PAGB Guidance – Recording of Online Lectures.

This is an edited version of a document which can be downloaded from the PAGB Website library here. It is an advisory document and does not set out a policy for anyone to follow. It is intended only as guidelines for Clubs to construct their own policy.

Events in 2020 have led to the widespread introduction of on-line meetings. Meetings may be of photographic events, online lectures or judging or may be administrative. This guidance also applies where physical meetings may be recorded by video.

Before recording a meeting the organiser must consider both Copyright and Data protection and Speaker’s Copyright.

Today, in the fast expanding “Zoom-Age”, it has become very easy to record a lecture given remotely but Clubs should be aware that both a judging and a lecture are copyright performances by the speaker.

The copyright issue is not new and this piece was published in PAGB e-news, Issue 42, March 2011.

As the copyright owner, the speaker not only has the right to refuse recording of the event but also has complete control over all terms and conditions of a licence under which the Club might be permitted to use any recording. Apart from anything else, the speaker could charge a fee for a licence.

A meeting must not be recorded by a Club except with the express prior permission of the speaker, including an agreement on the use of any recording.

Photographer’s Copyright – In a competition or exhibition where the images are viewed by the judge in advance, then the judge must delete any stored images after the event. In a competition or exhibition where the images are viewed by the judge in advance, then the judge must delete any stored images after the event.

Data Protection – Clubs must already have a data protection policy (or privacy notice) which covers the personal data which they collect and the reasons for doing so. Clubs must also ensure that they comply with the practices set out in their policy.

The PAGB has published separate guidance about writing a data protection policy.

Recording a meeting either by video or by using the record feature in an on-line meeting system is likely to collect personal data not envisaged in a pre-existing data protection policy. For example, images of the participants, audio of their contributions and, for an on-line meeting, their computer account identity.

It would be possible to adapt a pre-existing data protection policy to cover the extra data collected by a recording. However, it would be open to anyone to decline to take part in a recorded meeting under those conditions. Clubs should consider whether making recordings will limit participation by all members.
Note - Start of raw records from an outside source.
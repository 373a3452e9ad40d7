-- ===== src/Tests/Recovery.antt =====
-- A recovery through both threads at a concrete input.
use base_platform_zephyr_ble.Prelude.{ℕ, ◌≡◌, refl, true, some, none, [], ◌∷◌, arith}
use base_platform_zephyr_ble.Eda.{Event, running, queue_of, app_port, comms_port}
use base_platform_zephyr_ble.App.{in_soft_error, constructed}
use base_platform_zephyr_ble.System.{System, retry_expires, app_turn, comms_turn, run}
use base_platform_zephyr_ble.System.Passing.{Idle}
use base_platform_zephyr_ble.System.Recovery.{Recovered, run-Recovered}
use base_platform_zephyr_ble.Tests.Fixtures.{
  Items, list_queue, two_slots, quiet_bus, dark, scripted, world, one_heard, calm_env, no_events,
}

abbrev failed : System (Items Event) ℕ
failed = record {
  app = record (constructed quiet_bus dark) {
    machine = record { current = some in_soft_error; previous = none; next = none };
  };
  world = world one_heard;
}

app-Idle : Idle list_queue quiet_bus app_port
unfolding queue_of
app-Idle = record { queue = no_events; registered = refl; empty = refl; room = omega arith }

comms-Idle : Idle list_queue quiet_bus comms_port
unfolding queue_of
comms-Idle = record { queue = no_events; registered = refl; empty = refl; room = omega arith }

run-Recovered_example :
    (s' : System (Items Event) ℕ) × (run two_slots
        (scripted true true 51)
        list_queue
        true
        (retry_expires ∷ app_turn ∷ comms_turn calm_env ∷ app_turn ∷ comms_turn calm_env ∷ [])
        failed
      ≡ running s')
    × Recovered two_slots (scripted true true 51) list_queue true failed s'
run-Recovered_example =
    run-Recovered two_slots (scripted true true 51) list_queue true failed calm_env calm_env refl
      app-Idle comms-Idle refl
Not recording an on-line meeting should mean that no personal data is retained, and that there will be no obvious data protection issues.

It is getting fashionable in some areas for clubs to photograph a lecturer’s prints so as to project them for the benefit of the audience. There are also clubs who ask to video lectures and demonstrations. It has been suggested to your editor that some clubs may have distributed and even sold CDs of such recordings to members of other clubs. I have only second party anecdotal reports and no hard evidence of such a practice, but I would be very annoyed if it happened to me and I am going to be rather more vigilant in the future. I highly recommend that every lecturer and judge should seek assurance from the club that any digital copies of their images will be deleted as soon as the event ends.